DIRECTIONS FOR THIS TASK —
Please show every line from the entries that carries the word "none".
[[ SOURCE MATERIAL open ]]
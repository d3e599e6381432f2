-- ===== src/Metadata/Sql/Updates.antt =====
-- What an update keeps of the rows.
use tempcdn.Prelude.{
  ◌≡◌, inl, inr, refl, Bool, some, List, [], ◌∷◌, ◌++◌, All, arith, Bool-cases, if◌then◌else◌, any,
}
use tempcdn.Metadata.Sql.{first_where, update_where}

-- A row that is added behind is not found before.
pub first_where-append :
    {A : Type 0} (test : A → Bool) (rows : List A) (x y : A)
    → first_where test rows ≡ some x
    → first_where test (rows ++ y ∷ []) ≡ some x
unfolding first_where
first_where-append test [] x y h = absurd (ground arith)
first_where-append test (q ∷ rows) x y h = ground (arith, first_where-append test rows x y)

-- The row that a search finds is changed where the update applies to it.
pub first_where-update_where :
    {A : Type 0} (test at : A → Bool) (change : A → A) (rows : List A) (x : A)
    → ((a : A) → test (change a) ≡ test a)
    → first_where test rows ≡ some x
    → first_where test (update_where at change rows) ≡ some (if at x then change x else x)
unfolding first_where update_where
first_where-update_where test at change [] x k h = absurd (ground arith)
first_where-update_where test at change (q ∷ rows) x k h = elim (Bool-cases (test q)) [
  | inl t ↦
      let same_row : some q ≡ some x = rw t at h in
      let e : q ≡ x = ground arith in
      elim (Bool-cases (at q)) [ inl b ↦ rw (← e, b, k q, t) refl | inr b ↦ rw (← e, b, t) refl ]
  | inr f ↦
      let rest = first_where-update_where test at change rows x k (rw f at h) in
      elim (Bool-cases (at q)) [ inl b ↦ rw (b, k q, f) rest | inr b ↦ rw (b, f) rest ]
]

pub All-update_where :
    {A : Type 0} (P : A → Type 0) (at : A → Bool) (change : A → A) (rows : List A)
    → ((a : A) → P a → P (change a))
    → All P rows
    → All P (update_where at change rows)
unfolding update_where
All-update_where P at change [] k h = tt
All-update_where P at change (q ∷ rows) k h = elim (Bool-cases (at q)) [
  | inl b ↦ rw b (k q h.0, All-update_where P at change rows k h.1)
  | inr b ↦ rw b (h.0, All-update_where P at change rows k h.1)
]

pub All-snoc :
    {A : Type 0} (P : A → Type 0) (rows : List A) (x : A)
    → All P rows
    → P x
    → All P (rows ++ x ∷ [])
All-snoc P [] x h k = (k, tt)
All-snoc P (q ∷ rows) x h k = (h.0, All-snoc P rows x h.1 k)

pub any-update_where :
    {A : Type 0} (test at : A → Bool) (change : A → A) (rows : List A)
    → ((a : A) → test (change a) ≡ test a)
    → any test (update_where at change rows) ≡ any test rows
unfolding update_where
any-update_where test at change [] k = refl
any-update_where test at change (q ∷ rows) k = elim (Bool-cases (at q)) [
  | inl e ↦ rw (e, k q, any-update_where test at change rows k) refl
  | inr e ↦ rw (e, any-update_where test at change rows k) refl
]
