-- ===== src/Admin/Keys/Revoked.antt =====
-- What the operations on the API keys do to a key that is revoked.
use tempcdn.Prelude.{
  ◌≡◌, ◌≢◌, ◌⊎◌, ◌∙◌, sym, inl, inr, refl, Bool, true, false, Bool-cases, not, ◌&&◌, Option, some,
  none, List, [], ◌∷◌, ◌++◌, arith, ap, if◌then◌else◌,
}
use tempcdn.Text.{Text, same, is_empty, trim_space}
use tempcdn.Text.Laws.{same_iff}
use tempcdn.Action.{Result, ok, err, Action, pure, raise, wrap, ◌>>=◌}
use tempcdn.Action.Keeps.{if-keeps, bind-keeps, wrap-eq-ok}
use tempcdn.IdGen.{hash_api_key, new_api_key}
use tempcdn.Metadata.Model.{Time, stored_time, ApiKey, is_revoked, Error}
use tempcdn.Metadata.Sql.{first_where, update_where}
use tempcdn.Metadata.Sql.Updates.{first_where-append, first_where-update_where}
use tempcdn.Metadata.Tables.{AdminDb}
use tempcdn.Metadata.ApiKeys.{
  has_hash, stored_key, revoked_at_time, insert_api_key, find_api_key_by_token_hash, touch_api_key,
  revoke_api_key,
}
use tempcdn.Admin.Model.{AdminError, Platform, repository, empty_key_name, api_key_invalid}
use tempcdn.Admin.Keys.{
  CreateApiKeyResult, new_key_record, store_key, create_api_key, revoke_key, after_key,
  verify_api_key,
}
use tempcdn.Admin.Keys.Valid.{revoke_api_key-eq-ok, verify_api_key-IsLive}

-- The first row with the hash is revoked.
pub record IsOut (hash : Text) (rows : List ApiKey) : Type 0 where
  pub row : ApiKey
  pub stored : first_where (has_hash hash) rows ≡ some row
  pub revoked : is_revoked row ≡ true

-- What may become of the rows of the table.
pub data Changes (rows : List ApiKey) : List ApiKey → Type 0 where
  kept : Changes rows rows
  added : (k : ApiKey) → Changes rows (rows ++ k ∷ [])
  changed :
      (at : ApiKey → Bool) (change : ApiKey → ApiKey)
      → ((hash : Text) (k : ApiKey) → has_hash hash (change k) ≡ has_hash hash k)
      → ((k : ApiKey) → is_revoked k ≡ true → is_revoked (change k) ≡ true)
      → Changes rows (update_where at change rows)

pub Changes-IsOut :
    (hash : Text) (rows after : List ApiKey)
    → Changes rows after
    → IsOut hash rows
    → IsOut hash after
Changes-IsOut hash rows _ kept o = o
Changes-IsOut hash rows _ (added k) o = record {
  row = o.row;
  stored = first_where-append (has_hash hash) rows o.row k o.stored;
  revoked = o.revoked;
}
Changes-IsOut hash rows _ (changed at change same_hash stays) o = record {
  row = if at o.row then change o.row else o.row;
  stored = first_where-update_where (has_hash hash) at change rows o.row (same_hash hash) o.stored;
  revoked = elim (Bool-cases (at o.row)) [
    | inl e ↦ rw e (stays o.row o.revoked)
    | inr e ↦ rw e o.revoked
  ];
}

-- What an operation does to the rows, by its state before and after.
abbrev pub KeysMove : AdminDb → AdminDb → Type 0
KeysMove c d = Changes c.tables.api_keys d.tables.api_keys

module _ (p : Platform) where
  insert_api_key-cases :
      (k : ApiKey) (c : AdminDb)
      → ((insert_api_key k c).1.tables.api_keys ≡ c.tables.api_keys)
        ⊎ ((insert_api_key k c).1.tables.api_keys ≡ c.tables.api_keys ++ stored_key k ∷ [])
  unfolding insert_api_key
  insert_api_key-cases k c = ground arith

  insert_api_key-KeysMove : (k : ApiKey) (c : AdminDb) → KeysMove c (insert_api_key k c).1
  insert_api_key-KeysMove k c = elim (insert_api_key-cases k c) [
    | inl s ↦ rw s kept
    | inr a ↦ rw a (added (stored_key k))
  ]

  store_key-KeysMove :
      (id name : Text) (key : Option Text) (now : Time) (c : AdminDb)
      → KeysMove c (store_key p id name key now c).1
  unfolding store_key
  store_key-KeysMove id name none now c = kept
  store_key-KeysMove id name (some key) now c =
      let k : ApiKey = new_key_record p id name key now in
      let made : CreateApiKeyResult = record { key = key; key_record = k } in
      bind-keeps (KeysMove c) (wrap repository (insert_api_key k)) (λ _. pure made) c
        (insert_api_key-KeysMove k c) (λ a e. insert_api_key-KeysMove k c)

  pub create_api_key-KeysMove :
      (name : Text) (random : Option Text) (id : Text) (now : Time) (c : AdminDb)
      → KeysMove c (create_api_key p name random id now c).1
  unfolding create_api_key
  create_api_key-KeysMove name random id now c =
      if-keeps (KeysMove c) (is_empty (trim_space name)) (raise empty_key_name)
        (store_key p id (trim_space name) (new_api_key random) now) c kept
        (store_key-KeysMove id (trim_space name) (new_api_key random) now c)

  revoke_api_key-cases :
      (id : Text) (now : Time) (c : AdminDb)
      → ((revoke_api_key id now c).1.tables.api_keys ≡ c.tables.api_keys)
        ⊎ ((revoke_api_key id now c).1.tables.api_keys
            ≡ update_where
                (λ k. same k.id id && not (is_revoked k))
                (revoked_at_time now)
                c.tables.api_keys)
  unfolding revoke_api_key
  revoke_api_key-cases id now c = ground arith

  pub revoke_key-KeysMove :
      (id : Text) (now : Time) (c : AdminDb) → KeysMove c (revoke_key p id now c).1
  unfolding revoke_key is_revoked
  revoke_key-KeysMove id now c = elim (revoke_api_key-cases id now c) [
    | inl s ↦ rw s kept
    | inr u ↦ rw u (changed _ (revoked_at_time now) (λ h k. refl) (λ k r. refl))
  ]

  touch_api_key-cases :
      (id : Text) (now : Time) (c : AdminDb)
      → ((touch_api_key id now c).1.tables.api_keys ≡ c.tables.api_keys)
        ⊎ ((touch_api_key id now c).1.tables.api_keys
            ≡ update_where
                (λ k. same k.id id)
                (λ k. record k { last_used_at = some (stored_time now) })
                c.tables.api_keys)
  unfolding touch_api_key
  touch_api_key-cases id now c = ground arith

  touch_api_key-KeysMove :
      (id : Text) (now : Time) (c : AdminDb) → KeysMove c (touch_api_key id now c).1
  unfolding is_revoked
  touch_api_key-KeysMove id now c = elim (touch_api_key-cases id now c) [
    | inl s ↦ rw s kept
    | inr u ↦ rw u (
        changed _ (λ k. record k { last_used_at = some (stored_time now) }) (λ h k. refl)
          (λ k r. r))
  ]

  find-tables :
      (hash : Text) (c : AdminDb) → (find_api_key_by_token_hash hash c).1.tables ≡ c.tables
  unfolding find_api_key_by_token_hash
  find-tables hash c = ground arith

  after_key-err :
      (now : Time) (e : Error) (c : AdminDb)
      → (after_key p now (err e) c).1.tables.api_keys ≡ c.tables.api_keys
  unfolding after_key
  after_key-err now e c = ground arith

  after_key-KeysMove :
      (now : Time) (x : Result Error ApiKey) (c : AdminDb) → KeysMove c (after_key p now x c).1
  unfolding after_key
  after_key-KeysMove now (ok k) c =
      let touch : Action AdminDb AdminError (Unit {0}) = wrap repository (touch_api_key k.id now) in
      if-keeps (KeysMove c) (is_revoked k) (raise api_key_invalid) (touch >>= λ _. pure k) c kept (
        bind-keeps (KeysMove c) touch (λ _. pure k) c (touch_api_key-KeysMove k.id now c)
          (λ a e. touch_api_key-KeysMove k.id now c))
  after_key-KeysMove now (err e) c = rw (after_key-err now e c) kept

  pub verify_api_key-KeysMove :
      (key : Text) (now : Time) (c : AdminDb) → KeysMove c (verify_api_key p key now c).1
  unfolding verify_api_key
  verify_api_key-KeysMove [] now c = kept
  verify_api_key-KeysMove (s ∷ key) now c =
      let found = find_api_key_by_token_hash (hash_api_key p.sha256_hex (s ∷ key)) c in
      let same_rows : found.1.tables.api_keys ≡ c.tables.api_keys =
        ap (λ t. t.api_keys) (find-tables (hash_api_key p.sha256_hex (s ∷ key)) c) in
      rw same_rows at (after_key-KeysMove now found.0 found.1)

  -- A revocation that reported no error leaves a row of the revoked key that is revoked.
  pub revoke_key-IsOut :
      (hash id : Text) (now : Time) (c : AdminDb) (u : Unit {0}) (k : ApiKey)
      → first_where (has_hash hash) c.tables.api_keys ≡ some k
      → k.id ≡ id
      → (revoke_key p id now c).0 ≡ ok u
      → IsOut hash (revoke_key p id now c).1.tables.api_keys
  unfolding revoke_key is_revoked
  revoke_key-IsOut hash id now c u k s i h =
      let at : ApiKey → Bool = λ j. same j.id id && not (is_revoked j) in
      let t : same k.id id ≡ true = (same_iff k.id id).1 i in
      let rows =
        revoke_api_key-eq-ok id now c u (wrap-eq-ok repository (revoke_api_key id now) c u h) in
      rw rows (record {
        row = if at k then revoked_at_time now k else k;
        stored =
            first_where-update_where (has_hash hash) at (revoked_at_time now) c.tables.api_keys k
              (λ a. refl) s;
        revoked = elim (Bool-cases (is_revoked k)) [ inl e ↦ rw (t, e) e | inr e ↦ rw (t, e) refl ];
      })

  -- A key whose row is revoked is not accepted.
  pub verify_api_key-refuses :
      (key : Text) (now : Time) (c : AdminDb) (r : ApiKey)
      → IsOut (hash_api_key p.sha256_hex key) c.tables.api_keys
      → (verify_api_key p key now c).0 ≢ ok r
  verify_api_key-refuses key now c r o e =
      let l = verify_api_key-IsLive p key now c r e in
      let same_row : some o.row ≡ some r = sym o.stored ∙ l.stored in
      let live : is_revoked r ≡ false = l.not_revoked in
      let out : is_revoked o.row ≡ true = o.revoked in ground arith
[[ SOURCE MATERIAL closed ]]
SOLUTION TO THIS PROBLEM —
  none, List, [], ◌∷◌, ◌++◌, arith, ap, if◌then◌else◌,
  store_key-KeysMove id name none now c = kept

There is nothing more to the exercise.